INSTRUCTIONS FOR THE TASK:
Output the complete listing exactly.
(EXERCISE MATERIALS)
-- ===== src/Protocol/LoginReq.antt =====
-- `struct LoginReq` of `core/include/fsx/protocol/auth_messages.h`.
use computer_network_final_p.Base.{ℕ, ◌+◌, List, length, ltb, Result, ok, ◌>>=◌, ◌>>◌, throw_if}
use computer_network_final_p.Wire.{Endian}
use computer_network_final_p.Protocol.{get_text}

pub record LoginReq : Type 0 where
  pub username : List ℕ
  pub password : List ℕ

unfoldable pub deserialize : Endian → List ℕ → Result LoginReq
deserialize h payload = do
  throw_if (ltb (length payload) 4) "LOGIN_REQ: payload too short"
  (username, p1) ← get_text h payload 0 "LOGIN_REQ: invalid username_len"
  throw_if (ltb (length payload) (p1 + 2)) "LOGIN_REQ: missing password_len"
  (password, p2) ← get_text h payload p1 "LOGIN_REQ: invalid password_len"
  ok (record { username = username; password = password })
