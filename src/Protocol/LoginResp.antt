-- ===== src/Protocol/LoginResp.antt =====
-- `struct LoginResp` of `core/include/fsx/protocol/auth_messages.h`. `user_id` is the bit pattern of the
-- `long long`, below 2 ^ 64.
use computer_network_final_p.Base.{ℕ, Bool, List, [], ◌∷◌, ◌++◌, if◌then◌else◌}
use computer_network_final_p.Wire.{Endian, put}
use computer_network_final_p.Protocol.{put_text}

pub record LoginResp : Type 0 where
  pub is_ok : Bool
  pub token : List ℕ
  pub user_id : ℕ
  pub username : List ℕ
  pub msg : List ℕ

unfoldable pub serialize : Endian → LoginResp → List ℕ
serialize h r =
    (if r.is_ok then 1 else 0)
    ∷ ((if r.is_ok then put_text h r.token ++ (put h 8 r.user_id ++ put_text h r.username) else [])
        ++ put_text h r.msg)
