-- ===== src/Auth/PasswordHash.antt =====
-- `core/src/auth/password_hash.cpp`.
use Prim.Native.Nat.{bit_or, bit_xor}
use computer_network_final_p.Base.{
  ℕ, ◌+◌, ◌-◌, ◌*◌, ◌%◌, Bool, false, ◌&&◌, Option, none, some, List, [], ◌∷◌, ◌++◌, length, leb,
  ◌==◌, if◌then◌else◌, eq_bytes, Result, ok, err, text, ◌>>=◌,
}
use computer_network_final_p.Base.Action.{Action}
use computer_network_final_p.Db.{Services, stoi, to_string_signed}
use computer_network_final_p.Db.Sessions.{to_hex}

-- What `ss >> v` under `std::hex` gives for two characters that are not both hexadecimal digits (a
-- sign, a space, a prefix or none of these); the code leaves that to the stream.
abbrev pub HexReader : Type 0
HexReader = ℕ → ℕ → ℕ

unfoldable pub hex_value : ℕ → Option ℕ
hex_value c =
    if leb b'0' c && leb c b'9'
    then some (c - b'0')
    else if leb b'a' c && leb c b'f'
    then some (c - b'a' + 10)
    else if leb b'A' c && leb c b'F'
    then some (c - b'A' + 10)
    else none

unfoldable pub hex_pair : HexReader → ℕ → ℕ → ℕ
unfolding hex_value
hex_pair read c d = elim (hex_value c) [
  | none ↦ read c d % 256
  | some high ↦ elim (hex_value d) [ none ↦ read c d % 256 | some low ↦ high * 16 + low ]
]

-- The bytes that pairs of characters stand for; a string of odd length is refused.
unfoldable pub from_hex : HexReader → List ℕ → Result (List ℕ)
unfolding hex_pair
from_hex read [] = ok []
from_hex read (c ∷ []) = err (text "invalid hex")
from_hex read (c ∷ d ∷ rest) = do bytes ← from_hex read rest; ok (hex_pair read c d ∷ bytes)

unfoldable pub salt_len : ℕ
salt_len = 16

unfoldable pub dk_len : ℕ
dk_len = 32

unfoldable pub stored_form : ℕ → List ℕ → List ℕ → List ℕ
stored_form iters salt dk =
    text "pbkdf2"
    ++ (b'$' ∷ (to_string_signed 32 iters ++ (b'$' ∷ (to_hex salt ++ (b'$' ∷ to_hex dk)))))

unfoldable pub hash_password_pbkdf2 : (S : Services) → List ℕ → ℕ → Action S.State (List ℕ)
unfolding stored_form salt_len dk_len
hash_password_pbkdf2 S password iters s =
    let (s', salt) = S.rand_bytes salt_len s in
    elim salt [
      | none ↦ (s', err (text "RAND_bytes(salt) failed"))
      | some salt ↦ elim (S.pbkdf2 password salt iters dk_len) [
        | none ↦ (s', err (text "PKCS5_PBKDF2_HMAC failed"))
        | some dk ↦ (s', ok (stored_form iters salt dk))
      ]
    ]

-- What stands before the first `$` and behind it.
unfoldable pub split_dollar : List ℕ → Option (List ℕ × List ℕ)
split_dollar [] = none
split_dollar (c ∷ rest) =
    let later : Option (List ℕ × List ℕ) = elim (split_dollar rest) [
      | none ↦ none
      | some (front, back) ↦ some (c ∷ front, back)
    ] in
    if c == b'$' then some ([], rest) else later

-- `for (i < dk.size()) diff |= (dk[i] ^ hash[i]);`
unfoldable pub difference : ℕ → List ℕ → List ℕ → ℕ
difference diff [] hash = diff
difference diff (d ∷ dk) [] = diff
difference diff (d ∷ dk) (h ∷ hash) = difference (bit_or diff (bit_xor d h)) dk hash

unfoldable pub verify_fields :
    HexReader → (S : Services) → List ℕ → List ℕ → List ℕ → List ℕ → Result Bool
unfolding from_hex difference
verify_fields read S password iters_text salt_hex hash_hex = do
  iters ← stoi iters_text
  salt ← from_hex read salt_hex
  hash ← from_hex read hash_hex
  elim (S.pbkdf2 password salt iters (length hash)) [
    | none ↦ ok false
    | some dk ↦ ok ((length dk == length hash) && (difference 0 dk hash == 0))
  ]

unfoldable pub verify_password_pbkdf2 : HexReader → (S : Services) → List ℕ → List ℕ → Result Bool
unfolding verify_fields split_dollar
verify_password_pbkdf2 read S password stored = elim (split_dollar stored) [
  | none ↦ ok false
  | some (scheme, r1) ↦ elim (split_dollar r1) [
    | none ↦ ok false
    | some (iters_text, r2) ↦ elim (split_dollar r2) [
      | none ↦ ok false
      | some (salt_hex, hash_hex) ↦
          if eq_bytes scheme (text "pbkdf2")
          then verify_fields read S password iters_text salt_hex hash_hex
          else ok false
    ]
  ]
]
(End EXERCISE MATERIALS)
RESPONSE BOX:
-- ===== src/Protocol/LoginReq.antt =====
-- `struct LoginReq` of `core/include/fsx/protocol/auth_messages.h`.
use computer_network_final_p.Base.{ℕ, ◌+◌, List, length, ltb, Result, ok, ◌>>=◌, ◌>>◌, throw_if}
use computer_network_final_p.Wire.{Endian}
use computer_network_final_p.Protocol.{get_text}

pub record LoginReq : Type 0 where
  pub username : List ℕ
  pub password : List ℕ

unfoldable pub deserialize : Endian → List ℕ → Result LoginReq
deserialize h payload = do
  throw_if (ltb (length payload) 4) "LOGIN_REQ: payload too short"
  (username, p1) ← get_text h payload 0 "LOGIN_REQ: invalid username_len"
  throw_if (ltb (length payload) (p1 + 2)) "LOGIN_REQ: missing password_len"
  (password, p2) ← get_text h payload p1 "LOGIN_REQ: invalid password_len"
  ok (record { username = username; password = password })
filename src/Protocol/LoginResp.antt
-- ===== src/Protocol/LoginResp.antt =====
-- `struct LoginResp` of `core/include/fsx/protocol/auth_messages.h`. `user_id` is the bit pattern of the
-- `long long`, below 2 ^ 64.
use computer_network_final_p.Base.{ℕ, Bool, List, [], ◌∷◌, ◌++◌, if◌then◌else◌}
use computer_network_final_p.Wire.{Endian, put}
use computer_network_final_p.Protocol.{put_text}

pub record LoginResp : Type 0 where
  pub is_ok : Bool
  pub token : List ℕ
  pub user_id : ℕ
  pub username : List ℕ
  pub msg : List ℕ

unfoldable pub serialize : Endian → LoginResp → List ℕ
serialize h r =
    (if r.is_ok then 1 else 0)
    ∷ ((if r.is_ok then put_text h r.token ++ (put h 8 r.user_id ++ put_text h r.username) else [])
        ++ put_text h r.msg)
-- ===== src/Auth/PasswordHash.antt =====
-- `core/src/auth/password_hash.cpp`.
use Prim.Native.Nat.{bit_or, bit_xor}
use computer_network_final_p.Base.{
  ℕ, ◌+◌, ◌-◌, ◌*◌, ◌%◌, Bool, false, ◌&&◌, Option, none, some, List, [], ◌∷◌, ◌++◌, length, leb,
  ◌==◌, if◌then◌else◌, eq_bytes, Result, ok, err, text, ◌>>=◌,
}
use computer_network_final_p.Base.Action.{Action}
use computer_network_final_p.Db.{Services, stoi, to_string_signed}
use computer_network_final_p.Db.Sessions.{to_hex}

-- What `ss >> v` under `std::hex` gives for two characters that are not both hexadecimal digits (a
-- sign, a space, a prefix or none of these); the code leaves that to the stream.
abbrev pub HexReader : Type 0
HexReader = ℕ → ℕ → ℕ

unfoldable pub hex_value : ℕ → Option ℕ
hex_value c =
    if leb b'0' c && leb c b'9'
    then some (c - b'0')
    else if leb b'a' c && leb c b'f'
    then some (c - b'a' + 10)
    else if leb b'A' c && leb c b'F'
    then some (c - b'A' + 10)
    else none

unfoldable pub hex_pair : HexReader → ℕ → ℕ → ℕ
unfolding hex_value
hex_pair read c d = elim (hex_value c) [
  | none ↦ read c d % 256
  | some high ↦ elim (hex_value d) [ none ↦ read c d % 256 | some low ↦ high * 16 + low ]
]

-- The bytes that pairs of characters stand for; a string of odd length is refused.
unfoldable pub from_hex : HexReader → List ℕ → Result (List ℕ)
unfolding hex_pair
from_hex read [] = ok []
from_hex read (c ∷ []) = err (text "invalid hex")
from_hex read (c ∷ d ∷ rest) = do bytes ← from_hex read rest; ok (hex_pair read c d ∷ bytes)

unfoldable pub salt_len : ℕ
salt_len = 16

unfoldable pub dk_len : ℕ
dk_len = 32

unfoldable pub stored_form : ℕ → List ℕ → List ℕ → List ℕ
stored_form iters salt dk =
    text "pbkdf2"
    ++ (b'$' ∷ (to_string_signed 32 iters ++ (b'$' ∷ (to_hex salt ++ (b'$' ∷ to_hex dk)))))

unfoldable pub hash_password_pbkdf2 : (S : Services) → List ℕ → ℕ → Action S.State (List ℕ)
unfolding stored_form salt_len dk_len
hash_password_pbkdf2 S password iters s =
    let (s', salt) = S.rand_bytes salt_len s in
    elim salt [
      | none ↦ (s', err (text "RAND_bytes(salt) failed"))
      | some salt ↦ elim (S.pbkdf2 password salt iters dk_len) [
        | none ↦ (s', err (text "PKCS5_PBKDF2_HMAC failed"))
        | some dk ↦ (s', ok (stored_form iters salt dk))
      ]
    ]

-- What stands before the first `$` and behind it.
unfoldable pub split_dollar : List ℕ → Option (List ℕ × List ℕ)
split_dollar [] = none
split_dollar (c ∷ rest) =
    let later : Option (List ℕ × List ℕ) = elim (split_dollar rest) [
      | none ↦ none
      | some (front, back) ↦ some (c ∷ front, back)
    ] in
    if c == b'$' then some ([], rest) else later

-- `for (i < dk.size()) diff |= (dk[i] ^ hash[i]);`
unfoldable pub difference : ℕ → List ℕ → List ℕ → ℕ
difference diff [] hash = diff
difference diff (d ∷ dk) [] = diff
difference diff (d ∷ dk) (h ∷ hash) = difference (bit_or diff (bit_xor d h)) dk hash

unfoldable pub verify_fields :
    HexReader → (S : Services) → List ℕ → List ℕ → List ℕ → List ℕ → Result Bool
unfolding from_hex difference
verify_fields read S password iters_text salt_hex hash_hex = do
  iters ← stoi iters_text
  salt ← from_hex read salt_hex
  hash ← from_hex read hash_hex
  elim (S.pbkdf2 password salt iters (length hash)) [
    | none ↦ ok false
    | some dk ↦ ok ((length dk == length hash) && (difference 0 dk hash == 0))
  ]

unfoldable pub verify_password_pbkdf2 : HexReader → (S : Services) → List ℕ → List ℕ → Result Bool
unfolding verify_fields split_dollar
verify_password_pbkdf2 read S password stored = elim (split_dollar stored) [
  | none ↦ ok false
  | some (scheme, r1) ↦ elim (split_dollar r1) [
    | none ↦ ok false
    | some (iters_text, r2) ↦ elim (split_dollar r2) [
      | none ↦ ok false
      | some (salt_hex, hash_hex) ↦
          if eq_bytes scheme (text "pbkdf2")
          then verify_fields read S password iters_text salt_hex hash_hex
          else ok false
    ]
  ]
]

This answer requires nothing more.